The brain can take many past experiences and synthesize them into new 'memories'. Also, if you continually 'remember' something that didn't happen you're essentially intentionally creating a stimulus to trigger the reproduction of that memory going forward. But since it never actually happened, you typically don't have a lot of detail built into the memory which may be why 'rediscovered/repressed' memories tend to change a lot with each telling. I have memories that I have verified did not happen, but all the events that take place when I remember them did happen at various times, just not together in sequence. Really this is a pretty useful function of the brain, because if you could only remember things in the sequence they happened it would be pretty hard to create novel associations from disparate experiences for learning. It just gets weird when people think they remember things that never happened the way they remember them.
 
I remember as a small kid riding my bike on the street and seeing a bag of trash on the road and while still riding I bent down far enough to grab the bag of trash. I felt like a stuntman.

Nothing stimulated me to remember that. It's just one of thousands of events in my life I have stored somewhere in my mind.

Whenever I smell bad feet I remember taking TKD with a buddy of mine and one day we were helping each other stretch and his foot was on my shoulder and it was horrible. That's the not the same kind of memory, more like an association, I am talking about.
 
what's amazing to me is your brain's ability to subconsciously remember.


like I swear in some dreams I feel like I'm super high on shit & I haven't messed with shit for quite some time now.
 
The mind is genuinely an epicly amazing and mysterious marvel of nature.

In essence, it's nothing more than a computer made from organic tissue opposed to plastics an metals.
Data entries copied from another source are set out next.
-- ===== src/Bench/Trials/Counts.antt =====
-- What the counters and samples of a trial say of each other (bench/bench_main.cpp).
use lock_free_mpmc_queue.Base.{
  ℕ, ◌+◌, ◌^◌, ◌≤◌, ◌<◌, ◌≡◌, refl, Bool, true, false, [], ◌∷◌, if◌then◌else◌, length,
  length-append, arith,
}
use lock_free_mpmc_queue.Bench.Suite.{Trial}
use lock_free_mpmc_queue.Bench.Trials.{
  RoundPc, produce, put, stamp_put, grab, stamp_grab, consume, check, take, add, stamp_take,
  finished, Participant, Common, is_pairing, rounds, total, is_producer, round_step, value_of,
  sub64,
}

-- What a worker has put in the queue and taken out of it, from its place and its samples.
abbrev pub puts_at : RoundPc → ℕ → ℕ
puts_at (stamp_put i t) e = e + 1
puts_at _ e = e

abbrev pub gets_at : RoundPc → ℕ → ℕ
gets_at (stamp_grab i t) d = d + 1
gets_at (add t) d = d + 1
gets_at (stamp_take t) d = d + 1
gets_at _ d = d

abbrev pub puts : Participant → ℕ
puts w = puts_at w.at (length w.enq_ns)

abbrev pub gets : Participant → ℕ
gets w = gets_at w.at (length w.deq_ns)

abbrev pub adds_at : RoundPc → ℕ
adds_at (add t) = 1
adds_at _ = 0

abbrev pub adds : Participant → ℕ
adds w = adds_at w.at

-- The samples of a producer or consumer where it stands: `e` of enqueues, `d` of dequeues.
abbrev pub Local : (pairing producer : Bool) (ops e d : ℕ) → RoundPc → Type 0
Local g b ops e d (produce i) = (b ≡ true) × (i ≤ ops) × (e ≡ i) × (d ≡ (if g then i else 0))
Local g b ops e d (put i t) = (b ≡ true) × (i < ops) × (e ≡ i) × (d ≡ (if g then i else 0))
Local g b ops e d (stamp_put i t) = (b ≡ true) × (i < ops) × (e ≡ i) × (d ≡ (if g then i else 0))
Local g b ops e d (grab i t) = (g ≡ true) × (b ≡ true) × (i < ops) × (e ≡ i + 1) × (d ≡ i)
Local g b ops e d (stamp_grab i t) = (g ≡ true) × (b ≡ true) × (i < ops) × (e ≡ i + 1) × (d ≡ i)
Local g b ops e d finished =
    (b ≡ true → (e ≡ ops) × (d ≡ (if g then ops else 0))) × (b ≡ false → e ≡ 0)
Local g b ops e d _ = (b ≡ false) × (e ≡ 0)

module _ (k : Trial) (t now : ℕ) (m : Common) (w : Participant) where
  -- A step moves values between the workers and the queue, and loses none.
  pub step-flow :
      (at : RoundPc)
      → length (round_step k t now m w at).common.queue
          + gets (round_step k t now m w at).worker
          + puts_at at (length w.enq_ns)
        ≡ length m.queue + gets_at at (length w.deq_ns) + puts (round_step k t now m w at).worker
  unfolding round_step
  step-flow (produce i) = ground arith
  step-flow (put i t0) = ground (arith, length-append {0} m.queue (value_of t i ∷ []))
  step-flow (stamp_put i t0) = ground (arith, length-append {0} w.enq_ns (sub64 now t0 ∷ []))
  step-flow (grab i t1) = ground arith
  step-flow (stamp_grab i t1) = ground (arith, length-append {0} w.deq_ns (sub64 now t1 ∷ []))
  step-flow consume = ground arith
  step-flow (check t0) = ground arith
  step-flow (take t0) = ground arith
  step-flow (add t0) = ground arith
  step-flow (stamp_take t0) = ground (arith, length-append {0} w.deq_ns (sub64 now t0 ∷ []))
  step-flow finished = ground arith

  -- The counter counts what the consumers have taken.
  pub step-used :
      (at : RoundPc)
      → (0 < adds_at at → m.consumed + 1 < 2 ^ 64)
      → is_pairing k ≡ false
      → Local (is_pairing k) (is_producer k t) (rounds k) (length w.enq_ns) (length w.deq_ns) at
      → (round_step k t now m w at).common.consumed
          + adds (round_step k t now m w at).worker
          + gets_at at (length w.deq_ns)
        ≡ m.consumed + adds_at at + gets (round_step k t now m w at).worker
  unfolding round_step
  step-used (produce i) small g l = ground arith
  step-used (put i t0) small g l = ground arith
  step-used (stamp_put i t0) small g l = ground arith
  step-used (grab i t1) small g l = cc
  step-used (stamp_grab i t1) small g l = cc
  step-used consume small g l = ground arith
  step-used (check t0) small g l = ground arith
  step-used (take t0) small g l = ground arith
  step-used (add t0) small g l = ground (arith, small (omega arith))
  step-used (stamp_take t0) small g l =
      ground (arith, length-append {0} w.deq_ns (sub64 now t0 ∷ []))
  step-used finished small g l = ground arith

  pub step-Local :
      (at : RoundPc)
      → Local (is_pairing k) (is_producer k t) (rounds k) (length w.enq_ns) (length w.deq_ns) at
      → Local
          (is_pairing k)
          (is_producer k t)
          (rounds k)
          (length (round_step k t now m w at).worker.enq_ns)
          (length (round_step k t now m w at).worker.deq_ns)
          (round_step k t now m w at).worker.at
  unfolding round_step
  step-Local (produce i) l = ground arith
  step-Local (put i t0) l = l
  step-Local (stamp_put i t0) l = ground (arith, length-append {0} w.enq_ns (sub64 now t0 ∷ []))
  step-Local (grab i t1) l = ground arith
  step-Local (stamp_grab i t1) l = ground (arith, length-append {0} w.deq_ns (sub64 now t1 ∷ []))
  step-Local consume l = l
  step-Local (check t0) l = ground arith
  step-Local (take t0) l = ground arith
  step-Local (add t0) l = l
  step-Local (stamp_take t0) l = l
  step-Local finished l = l

  pub step-consumed :
      (at : RoundPc)
      → (0 < adds_at at → m.consumed + 1 < 2 ^ 64)
      → m.consumed ≤ (round_step k t now m w at).common.consumed
  unfolding round_step
  step-consumed (produce i) small = omega arith
  step-consumed (put i t0) small = omega arith
  step-consumed (stamp_put i t0) small = omega arith
  step-consumed (grab i t1) small = ground arith
  step-consumed (stamp_grab i t1) small = omega arith
  step-consumed consume small = omega arith
  step-consumed (check t0) small = omega arith
  step-consumed (take t0) small = ground arith
  step-consumed (add t0) small = omega (arith, small (omega arith))
  step-consumed (stamp_take t0) small = omega arith
  step-consumed finished small = omega arith

  -- A consumer finishes when the counter has reached the total.
  pub step-finished :
      (at : RoundPc)
      → Local (is_pairing k) (is_producer k t) (rounds k) (length w.enq_ns) (length w.deq_ns) at
      → is_producer k t ≡ false
      → (at ≡ finished → total k ≤ m.consumed)
      → (round_step k t now m w at).worker.at ≡ finished
      → total k ≤ (round_step k t now m w at).common.consumed
  unfolding round_step
  step-finished (produce i) l c before e = cc
  step-finished (put i t0) l c before e = cc
  step-finished (stamp_put i t0) l c before e = cc
  step-finished (grab i t1) l c before e = cc
  step-finished (stamp_grab i t1) l c before e = cc
  step-finished consume l c before e = cc
  step-finished (check t0) l c before e = ground arith
  step-finished (take t0) l c before e = ground arith
  step-finished (add t0) l c before e = cc
  step-finished (stamp_take t0) l c before e = cc
  step-finished finished l c before e = before refl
Really makes you wonder what consciousness really is and how the lines that separate us from computer are actually not so thick if at all there.

Anyways, what the dookie do we know? Nothing really.
 
I'm looking forward to downloading our memories onto flash drives in the future.
 
what's amazing to me is your brain's ability to subconsciously remember.


like I swear in some dreams I feel like I'm super high on shit & I haven't messed with shit for quite some time now.

after i quit smoking i would have dreams where i was high, and one where i was tripping on acid and it was pretty damn real.